▸ The task: The data below holds a line containing "-- HandleConnected, with" and a line containing "result_of (command_failed error)"; please quote exactly those two lines and every line between them, and nothing else.

▸ Source information:
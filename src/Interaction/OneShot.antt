-- ===== src/Interaction/OneShot.antt =====
-- winrt/Projection.cpp, OnOffOperationState, CommandOperationState and ReadOperationState: the
-- states whose Finish takes the first result and ignores the rest. A value that a read delivers is a
-- `V`; the On/Off commands deliver none.
use matter_winrt.Base.{
  ◌≡◌, Bool, true, false, Option, none, some, List, [], ◌∷◌, if◌then◌else◌, arith, All, is_some,
}
use matter_winrt.Chip.{ChipError, no_error, is_error}

pub record State {ℓ} (V : Type ℓ) : Type ℓ where
  pub complete : Bool
  pub error : ChipError
  pub value : Option V

pub data Callback {ℓ} (V : Type ℓ) : Type ℓ where
  -- HandleConnected, with the error of the call that it makes.
  connected : ChipError → Callback V
  -- HandleConnectionFailure; the success and failure callbacks of a command.
  connection_failed : ChipError → Callback V
  responded : ChipError → Callback V
  command_failed : ChipError → Callback V
  -- The success and failure callbacks of a read.
  attribute_read : V → Callback V
  read_failed : ChipError → Callback V

module _ {ℓ} {V : Type ℓ} where
  pub initial : State V
  initial = record { complete = false; error = no_error; value = none }

  pub finish : ChipError → State V → State V
  finish result s = if s.complete then s else record s { error = result; complete = true }

  -- FinishRead stores the value before it finishes.
  pub finish_read : V → State V → State V
  unfolding finish
  finish_read v s = finish no_error (record s { value = some v })

  pub handle_connected : ChipError → State V → State V
  unfolding finish
  handle_connected error s = if is_error error then finish error s else s

  pub step : State V → Callback V → State V
  unfolding finish finish_read handle_connected
  step s (connected error) = handle_connected error s
  step s (connection_failed error) = finish error s
  step s (responded status) = finish status s
  step s (command_failed error) = finish error s
  step s (attribute_read v) = finish_read v s
  step s (read_failed error) = finish error s

  pub run : State V → List (Callback V) → State V
  run s [] = s
  run s (c ∷ cs) = run (step s c) cs

  -- The result that a callback brings, if it brings one.
  abbrev pub result_of : Callback V → Option ChipError
  result_of (connected error) = if is_error error then some error else none
  result_of (connection_failed error) = some error
  result_of (responded status) = some status
  result_of (command_failed error) = some error
  result_of (attribute_read v) = some no_error
  result_of (read_failed error) = some error

  abbrev pub first_result : List (Callback V) → Option ChipError
  first_result [] = none
  first_result (c ∷ cs) = elim (result_of c) [ none ↦ first_result cs | some e ↦ some e ]

  -- What the waiting caller finds.
  abbrev pub outcome : State V → Option ChipError
  outcome s = if s.complete then some s.error else none

  outcome-step :
      (s : State V) (c : Callback V)
      → outcome (step s c) ≡ elim (outcome s) [ none ↦ result_of c | some e ↦ some e ]
  unfolding step
  outcome-step s c = ground arith

  outcome-run :
      (s : State V) (cs : List (Callback V))
      → outcome (run s cs) ≡ elim (outcome s) [ none ↦ first_result cs | some e ↦ some e ]
  unfolding run
  outcome-run s [] = ground arith
  outcome-run s (c ∷ cs) = ground (arith, outcome-run (step s c) cs, outcome-step s c)

  -- However many callbacks arrive, the caller finds the result of the first that brings one, and
  -- goes on waiting exactly as long as none has.
  pub first_result_wins : (cs : List (Callback V)) → outcome (run initial cs) ≡ first_result cs
  unfolding initial
  first_result_wins cs = outcome-run initial cs

  -- The callbacks of a read whose failures carry an error.
  abbrev pub ReadCallback : Callback V → Type 0
  ReadCallback (connected error) = Unit
  ReadCallback (attribute_read v) = Unit
  ReadCallback (connection_failed error) = is_error error ≡ true
  ReadCallback (read_failed error) = is_error error ≡ true
  ReadCallback (responded status) = ⊥
  ReadCallback (command_failed error) = ⊥

  abbrev Backed : State V → Type 0
  Backed s = outcome s ≡ some no_error → is_some s.value ≡ true

  step-Backed : (s : State V) (c : Callback V) → ReadCallback c → Backed s → Backed (step s c)
  unfolding step
  step-Backed s (connected error) r b = ground arith
  step-Backed s (attribute_read v) r b = ground arith
  step-Backed s (connection_failed error) r b = ground arith
  step-Backed s (read_failed error) r b = ground arith
  step-Backed s (responded status) r b = absurd r
  step-Backed s (command_failed error) r b = absurd r

  run-Backed :
      (s : State V) (cs : List (Callback V)) → All ReadCallback cs → Backed s → Backed (run s cs)
  unfolding run
  run-Backed s [] r b = b
  run-Backed s (c ∷ cs) r b = run-Backed (step s c) cs r.1 (step-Backed s c r.0 b)

  -- A read, with failures that carry an error, has a value if it ends in success.
  pub read_success_has_value :
      (cs : List (Callback V))
      → All ReadCallback cs
      → outcome (run initial cs) ≡ some no_error
      → is_some (run initial cs).value ≡ true
  unfolding initial
  read_success_has_value cs r = run-Backed initial cs r (λ e. cc)
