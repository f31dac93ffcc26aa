-- ===== src/Interaction/Read.antt =====
-- winrt/Projection.cpp, GenericReadState: one attribute read, or the reports of one subscription. The
-- client, its buffering of list chunks and the TLV bytes are the SDK's: a report has the status of its
-- path and data that is absent, undecodable (`some none`) or the decoded property set.
pub mod Outcome
pub mod Waiting
use matter_winrt.Base.{
  not, Bool, true, false, ◌&&◌, ◌||◌, Option, none, some, List, [], ◌∷◌, ◌++◌, if◌then◌else◌,
  is_some,
}
use matter_winrt.Chip.{ChipError, no_error, no_memory, invalid_argument, decode_failed, is_error}

pub record Config : Type 0 where
  -- mSubscription; whether there is a report callback.
  pub subscription : Bool
  pub reporting : Bool

pub record State {ℓ} (V : Type ℓ) : Type ℓ where
  pub complete : Bool
  pub established : Bool
  pub value_ready : Bool
  pub closed : Bool
  pub result : ChipError
  pub value : Option V
  -- What the report callback has been given.
  pub reports : List V
  -- The ReadClient is there.
  pub client : Bool

pub record Report {ℓ} (V : Type ℓ) : Type ℓ where
  pub status : ChipError
  pub payload : Option (Option V)
  -- The report callback throws an hresult_error.
  pub throws : Bool

pub data Callback {ℓ} (V : Type ℓ) : Type ℓ where
  -- HandleConnected: whether the client could be made, and the error of SendRequest.
  connected : Bool → ChipError → Callback V
  connection_failed : ChipError → Callback V
  reported : Report V → Callback V
  failed : ChipError → Callback V
  done : Callback V
  subscribed : Callback V
  closes : Callback V

module _ {ℓ} {V : Type ℓ} (c : Config) where
  unfoldable pub initial : State V
  initial = record {
    complete = false;
    established = false;
    value_ready = false;
    closed = false;
    result = no_error;
    value = none;
    reports = [];
    client = false;
  }

  unfoldable pub fail : ChipError → State V → State V
  fail error s = if s.closed then s else record s { result = error; complete = true }

  abbrev report : V → State V → State V
  report v s = if c.reporting then record s { reports = s.reports ++ v ∷ [] } else s

  abbrev store : V → Bool → State V → State V
  store v throws s =
      let t = report v (record s { value = some v; value_ready = true }) in
      if c.reporting && throws then fail decode_failed t else t

  unfoldable pub on_attribute_data : Report V → State V → State V
  unfolding fail
  on_attribute_data r s = if is_error r.status then fail r.status s else elim r.payload [
    | none ↦ fail invalid_argument s
    | some none ↦ fail decode_failed s
    | some (some v) ↦ store v r.throws s
  ]

  unfoldable pub on_done : State V → State V
  on_done s = if c.subscription then s else record s { complete = true }

  pub on_subscription_established : State V → State V
  on_subscription_established s = record s { established = true }

  unfoldable pub close : State V → State V
  close s = if s.closed then s else record s { client = false; closed = true; complete = true }

  unfoldable pub handle_connected : Bool → ChipError → State V → State V
  unfolding fail
  handle_connected made send s =
      let t = record s { client = made } in
      if not made then fail no_memory t else if is_error send then fail send t else t

  unfoldable pub step : State V → Callback V → State V
  unfolding fail on_attribute_data on_done on_subscription_established close handle_connected
  step s (connected made send) = handle_connected made send s
  step s (connection_failed error) = fail error s
  step s (reported r) = on_attribute_data r s
  step s (failed error) = fail error s
  step s done = on_done s
  step s subscribed = on_subscription_established s
  step s closes = close s

  unfoldable pub run : State V → List (Callback V) → State V
  run s [] = s
  run s (k ∷ ks) = run (step s k) ks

▸ Answer box:
  -- HandleConnected, with the error of the call that it makes.
  connected : ChipError → Callback V
  -- HandleConnectionFailure; the success and failure callbacks of a command.
  connection_failed : ChipError → Callback V
  responded : ChipError → Callback V
  command_failed : ChipError → Callback V
  -- The success and failure callbacks of a read.
  attribute_read : V → Callback V
  read_failed : ChipError → Callback V

module _ {ℓ} {V : Type ℓ} where
  pub initial : State V
  initial = record { complete = false; error = no_error; value = none }

  pub finish : ChipError → State V → State V
  finish result s = if s.complete then s else record s { error = result; complete = true }

  -- FinishRead stores the value before it finishes.
  pub finish_read : V → State V → State V
  unfolding finish
  finish_read v s = finish no_error (record s { value = some v })

  pub handle_connected : ChipError → State V → State V
  unfolding finish
  handle_connected error s = if is_error error then finish error s else s

  pub step : State V → Callback V → State V
  unfolding finish finish_read handle_connected
  step s (connected error) = handle_connected error s
  step s (connection_failed error) = finish error s
  step s (responded status) = finish status s
  step s (command_failed error) = finish error s
  step s (attribute_read v) = finish_read v s
  step s (read_failed error) = finish error s

  pub run : State V → List (Callback V) → State V
  run s [] = s
  run s (c ∷ cs) = run (step s c) cs

  -- The result that a callback brings, if it brings one.
  abbrev pub result_of : Callback V → Option ChipError
  result_of (connected error) = if is_error error then some error else none
  result_of (connection_failed error) = some error
  result_of (responded status) = some status
  result_of (command_failed error) = some error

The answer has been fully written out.